# No clue on feeding



## Chilli_Pepper (Mar 7, 2018)

In 7 days I'm going to go pick up my registered Nubian doelings Chilli and Pepper depending on the pair I choose they will be 2-3 weeks old they're bottle fed and I will be continuing to bottle feed when I get them. The breeder is supplying me with bottles, nipples, and milk. My problem is once they stop bottle feeding what do I feed them. I already gather the supplies the breeder suggest I feed. I have Alfalfa hay, salt and mineral blocks, loose minerals, Nutrition-Drench, and Purina goat chow. I'm not sure how to go about feeding everything do I mix the loose minerals with the goat chow? The salt and mineral blocks do I just set out and they'll just automatically know when to lick it?


----------



## punchiepal (Aug 4, 2010)

First off, make sure they take a bottle well before you leave with them. You do not want to bring them home to find out a breeder pulled them straight off their dam. 
At that age I would be having some hay out for them to mouth and offer chow daily. If they are not eating it now, they will likely start soon. And don't forget a water bucket for them. 
We found little 2 part feeders that screw to the wall for minerals at TSC. 
No need for blocks if you provide loose minerals free choice. Even cows have a hard time getting everything from blocks.


----------



## punchiepal (Aug 4, 2010)

This might help
www.dairygoatinfo.com/threads/kid-management-from-birth-till-kidding-kid-management.17520/
www.dairygoatinfo.com/threads/coccidia-corid-doses-treatment-and-prevention-doses-also-others.16524/


----------



## Chilli_Pepper (Mar 7, 2018)

punchiepal said:


> First off, make sure they take a bottle well before you leave with them. You do not want to bring them home to find out a breeder pulled them straight off their dam.
> At that age I would be having some hay out for them to mouth and offer chow daily. If they are not eating it now, they will likely start soon. And don't forget a water bucket for them.
> We found little 2 part feeders that screw to the wall for minerals at TSC.
> No need for blocks if you provide loose minerals free choice. Even cows have a hard time getting everything from blocks.

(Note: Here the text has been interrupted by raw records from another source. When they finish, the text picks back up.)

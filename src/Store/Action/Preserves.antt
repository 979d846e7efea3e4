-- ===== src/Store/Action/Preserves.antt =====
-- Invariants of actions, with a rule for each way to build one.
use fragments_engine.Common.{◌≡◌, refl, Bool, true, false, List, [], ◌∷◌, if◌then◌else◌}
use fragments_engine.Common.Error.{Err, Result, ok, err}
use fragments_engine.Store.Action.{
  World, Action, pure, raise, lift, run_query, query, run_write, write, continue, ◌>>=◌, handle,
  attempt,
}

-- `m` keeps `P`, whether it returns or fails.
pub record Preserves {Q A : Type 0} (P : World Q → Type 0) (m : Action Q A) : Type 0 where
  pub at : (w : World Q) → P w → P (m w).1

module _ {Q A : Type 0} {P : World Q → Type 0} where
  pub Preserves-pure : (a : A) → Preserves P (pure a)
  unfolding pure
  Preserves-pure a = record { at = λ w h. h }

  pub Preserves-raise : (e : Err) → Preserves P (raise {A = A} e)
  unfolding raise
  Preserves-raise e = record { at = λ w h. h }

  pub Preserves-lift : (r : Result A) → Preserves P (lift r)
  unfolding lift
  Preserves-lift r = record { at = λ w h. h }

  pub Preserves-if :
      (test : Bool) (first second : Action Q A)
      → (test ≡ true → Preserves P first)
      → (test ≡ false → Preserves P second)
      → Preserves P (if test then first else second)
  Preserves-if true first second pf ps = pf refl
  Preserves-if false first second pf ps = ps refl

-- `P` does not look at the faults to come.
abbrev pub Blind : {Q : Type 0} → (World Q → Type 0) → Type 0
Blind {Q} P = (w : World Q) (faults : List Bool) → P w → P (record w { faults = faults })

module _ {Q A : Type 0} {P : World Q → Type 0} (blind : Blind P) where
  pub Preserves-query : (f : World Q → Result A) → Preserves P (query f)
  unfolding query
  Preserves-query f = record { at = λ w h. go w w.faults h }
    where
      go : (w : World Q) (faults : List Bool) → P w → P (run_query faults f w).1
      go w [] h = h
      go w (false ∷ faults) h = blind w faults h
      go w (true ∷ faults) h = blind w faults h

module _ {Q : Type 0} {P : World Q → Type 0} (blind : Blind P) where
  pub Preserves-write :
      (f : World Q → World Q) → ((w : World Q) → P w → P (f w)) → Preserves P (write f)
  unfolding write
  Preserves-write f keep = record { at = λ w h. go w w.faults h }
    where
      go : (w : World Q) (faults : List Bool) → P w → P (run_write faults f w).1
      go w [] h = keep w h
      go w (false ∷ faults) h = blind (f w) faults (keep w h)
      go w (true ∷ faults) h = blind w faults h

module _ {Q A B : Type 0} {P : World Q → Type 0} where
  continue_preserves :
      (r : Result A) (f : A → Action Q B) (w : World Q)
      → ((a : A) → Preserves P (f a))
      → P w
      → P (continue r f w).1
  continue_preserves (ok a) f w right h = (right a).at w h
  continue_preserves (err e) f w right h = h

  pub Preserves-bind :
      (m : Action Q A) (f : A → Action Q B)
      → Preserves P m
      → ((a : A) → Preserves P (f a))
      → Preserves P (m >>= f)
  unfolding ◌>>=◌
  Preserves-bind m f left right = record {
    at = λ w h. continue_preserves (m w).0 f (m w).1 right (left.at w h);
  }

  handle_preserves :
      (r : Result A) (f : A → Action Q B) (g : Err → Action Q B) (w : World Q)
      → ((a : A) → Preserves P (f a))
      → ((e : Err) → Preserves P (g e))
      → P w
      → P (handle r f g w).1
  unfolding handle
  handle_preserves (ok a) f g w right failing h = (right a).at w h
  handle_preserves (err e) f g w right failing h = (failing e).at w h

  pub Preserves-attempt :
      (m : Action Q A) (f : A → Action Q B) (g : Err → Action Q B)
      → Preserves P m
      → ((a : A) → Preserves P (f a))
      → ((e : Err) → Preserves P (g e))
      → Preserves P (attempt m f g)
  unfolding attempt
  Preserves-attempt m f g left right failing = record {
    at = λ w h. handle_preserves (m w).0 f g (m w).1 right failing (left.at w h);
  }

pub ruleset preserving = (
  Preserves-pure, Preserves-raise, Preserves-lift, Preserves-if, Preserves-bind, Preserves-attempt,
)
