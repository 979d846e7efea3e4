-- ===== src/Store/Action/Hoare.antt =====
-- What an action ensures when it returns and when it fails, with a rule for each way to build one.
use fragments_engine.Common.{◌≡◌, refl, String, Bool, true, false, List, [], ◌∷◌, if◌then◌else◌}
use fragments_engine.Common.Error.{Err, Result, ok, err}
use fragments_engine.Store.Action.{
  World, Action, pure, run_query, query, run_write, write, continue, ◌>>=◌, handle, attempt, raise,
  wrapped,
}
use fragments_engine.Store.Action.Preserves.{Preserves, Blind}

-- `R` of the value and the tables where the action returned, `F` of the tables where it failed.
abbrev pub Ends :
    {Q A : Type 0} → (A → World Q → Type 0) → (World Q → Type 0) → Result A × World Q → Type 0
Ends R F (ok a, w) = R a w
Ends R F (err e, w) = F w

pub record Hoare {Q A : Type 0} (P : World Q → Type 0) (m : Action Q A) (R : A → World Q → Type 0)
    (F : World Q → Type 0) : Type 0 where
  pub at : (w : World Q) → P w → Ends R F (m w)

module _ {Q A : Type 0} {P F : World Q → Type 0} {R : A → World Q → Type 0} where
  pub Hoare-pure : (a : A) → ((w : World Q) → P w → R a w) → Hoare P (pure a) R F
  unfolding pure
  Hoare-pure a h = record { at = h }

  pub Hoare-if :
      (b : Bool) (m n : Action Q A)
      → Hoare P m R F
      → Hoare P n R F
      → Hoare P (if b then m else n) R F
  Hoare-if true m n hm hn = hm
  Hoare-if false m n hm hn = hn

  pub Hoare-cases :
      (b : Bool) (m n : Action Q A)
      → (b ≡ true → Hoare P m R F)
      → (b ≡ false → Hoare P n R F)
      → Hoare P (if b then m else n) R F
  Hoare-cases true m n hm hn = hm refl
  Hoare-cases false m n hm hn = hn refl

  pub Hoare-query :
      (f : World Q → Result A)
      → Blind P
      → ((w : World Q) → P w → Ends R F (f w, w))
      → ((w : World Q) → P w → F w)
      → Blind F
      → ((a : A) → Blind (R a))
      → Hoare P (query f) R F
  unfolding query
  Hoare-query f blind good bad blind_f blind_r = record { at = λ w h. go w w.faults h }
    where
      ends :
          (r : Result A) (w : World Q) (faults : List Bool)
          → Ends R F (r, w)
          → Ends R F (r, record w { faults = faults })
      ends (ok a) w faults h = blind_r a w faults h
      ends (err e) w faults h = blind_f w faults h

      go : (w : World Q) (faults : List Bool) → P w → Ends R F (run_query faults f w)
      go w [] h = good w h
      go w (false ∷ faults) h = ends (f w) w faults (good w h)
      go w (true ∷ faults) h = blind_f w faults (bad w h)

module _ {Q : Type 0} {P F R : World Q → Type 0} where
  pub Hoare-write :
      (f : World Q → World Q)
      → ((w : World Q) → P w → R (f w))
      → ((w : World Q) → P w → F w)
      → Blind F
      → Blind R
      → Hoare P (write f) (λ _. R) F
  unfolding write
  Hoare-write f good bad blind_f blind_r = record { at = λ w h. go w w.faults h }
    where
      go : (w : World Q) (faults : List Bool) → P w → Ends (λ _. R) F (run_write faults f w)
      go w [] h = good w h
      go w (false ∷ faults) h = blind_r (f w) faults (good w h)
      go w (true ∷ faults) h = blind_f w faults (bad w h)

module _ {Q A B : Type 0} {F : World Q → Type 0} where
  continue-Ends :
      {R : A → World Q → Type 0} {S : B → World Q → Type 0} (out : Result A × World Q)
      (f : A → Action Q B)
      → Ends R F out
      → ((a : A) → Hoare (R a) (f a) S F)
      → Ends S F (continue out.0 f out.1)
  continue-Ends (ok a, w) f h hf = (hf a).at w h
  continue-Ends (err e, w) f h hf = h

module _ {Q A B : Type 0} {P F : World Q → Type 0} {R : A → World Q → Type 0}
    {S : B → World Q → Type 0} where
  pub Hoare-bind :
      (m : Action Q A) (f : A → Action Q B)
      → Hoare P m R F
      → ((a : A) → Hoare (R a) (f a) S F)
      → Hoare P (m >>= f) S F
  unfolding ◌>>=◌
  Hoare-bind m f hm hf = record { at = λ w h. continue-Ends (m w) f (hm.at w h) hf }

module _ {Q A : Type 0} {P F : World Q → Type 0} where
  Preserves-Ends :
      (out : Result A × World Q) → P out.1 → ((w : World Q) → P w → F w) → Ends (λ _. P) F out
  Preserves-Ends (ok a, w) h bad = h
  Preserves-Ends (err e, w) h bad = bad w h

  -- What keeps `P` ensures it.
  pub Hoare-Preserves :
      (m : Action Q A) → Preserves P m → ((w : World Q) → P w → F w) → Hoare P m (λ _. P) F
  Hoare-Preserves m k bad = record { at = λ w h. Preserves-Ends (m w) (k.at w h) bad }

module _ {Q A B : Type 0} {F : World Q → Type 0} {R : A → World Q → Type 0}
    {S : B → World Q → Type 0} where
  handle-Ends :
      {F' : World Q → Type 0} (out : Result A × World Q) (f : A → Action Q B) (g : Err → Action Q B)
      → Ends R F' out
      → ((a : A) → Hoare (R a) (f a) S F)
      → ((e : Err) → Hoare F' (g e) S F)
      → Ends S F (handle out.0 f g out.1)
  unfolding handle
  handle-Ends (ok a, w) f g h hf hg = (hf a).at w h
  handle-Ends (err e, w) f g h hf hg = (hg e).at w h

module _ {Q A B : Type 0} {P F : World Q → Type 0} {R : A → World Q → Type 0}
    {S : B → World Q → Type 0} where
  pub Hoare-attempt :
      {F' : World Q → Type 0} (m : Action Q A) (f : A → Action Q B) (g : Err → Action Q B)
      → Hoare P m R F'
      → ((a : A) → Hoare (R a) (f a) S F)
      → ((e : Err) → Hoare F' (g e) S F)
      → Hoare P (attempt m f g) S F
  unfolding attempt
  Hoare-attempt m f g hm hf hg = record { at = λ w h. handle-Ends (m w) f g (hm.at w h) hf hg }

module _ {Q A : Type 0} {F : World Q → Type 0} {R : A → World Q → Type 0} where
  Hoare-raise : (e : Err) → Hoare F (raise {A = A} e) R F
  unfolding raise
  Hoare-raise e = record { at = λ w h. h }

module _ {Q A : Type 0} {P F : World Q → Type 0} {R : A → World Q → Type 0} where
  pub Hoare-wrapped :
      (prefix : String) (m : Action Q A) → Hoare P m R F → Hoare P (wrapped prefix m) R F
  Hoare-wrapped prefix m hm =
      Hoare-attempt m _ _ hm (λ a. Hoare-pure a (λ w h. h)) (λ e. Hoare-raise _)

module _ {Q A : Type 0} {F G : World Q → Type 0} {R S : A → World Q → Type 0} where
  weaken-Ends :
      (out : Result A × World Q)
      → Ends R F out
      → ((a : A) (w : World Q) → R a w → S a w)
      → ((w : World Q) → F w → G w)
      → Ends S G out
  weaken-Ends (ok a, w) h good bad = good a w h
  weaken-Ends (err e, w) h good bad = bad w h

module _ {Q A : Type 0} {P F G : World Q → Type 0} {R S : A → World Q → Type 0} where
  pub Hoare-weaken :
      (m : Action Q A)
      → Hoare P m R F
      → ((a : A) (w : World Q) → R a w → S a w)
      → ((w : World Q) → F w → G w)
      → Hoare P m S G
  Hoare-weaken m hm good bad = record { at = λ w h. weaken-Ends (m w) (hm.at w h) good bad }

Thanks for the information I did find the 2 feeders for loose minerals at TSC and will be installing that today. They take the bottle great. The breeder only bottle feeds her Calfs and Kids she doesn't allow them to nurse at all. I got to pick my 2 doelings yesterday you can definitely tell all her babies are bottle fed I went during lunch time and everyone kept suckling on my hands and pants. My 2 won't be ready until Sunday they still need to be disbudded and she insured she will be disbudding them this week. I didn't choose sisters so there's a slight age gap. Pepper will be 3 weeks old when I get her and Chilli will be 3 1/2 or 4 weeks old.


----------



## punchiepal (Aug 4, 2010)

Sounds like your getting a good start!


----------



## Chilli_Pepper (Mar 7, 2018)

Thank you. I picked them up today and the breeder gave 3 gals. of goats milk, bottles and nipples for both, copper boluses, and grain feed. So I'm pretty set for a while


----------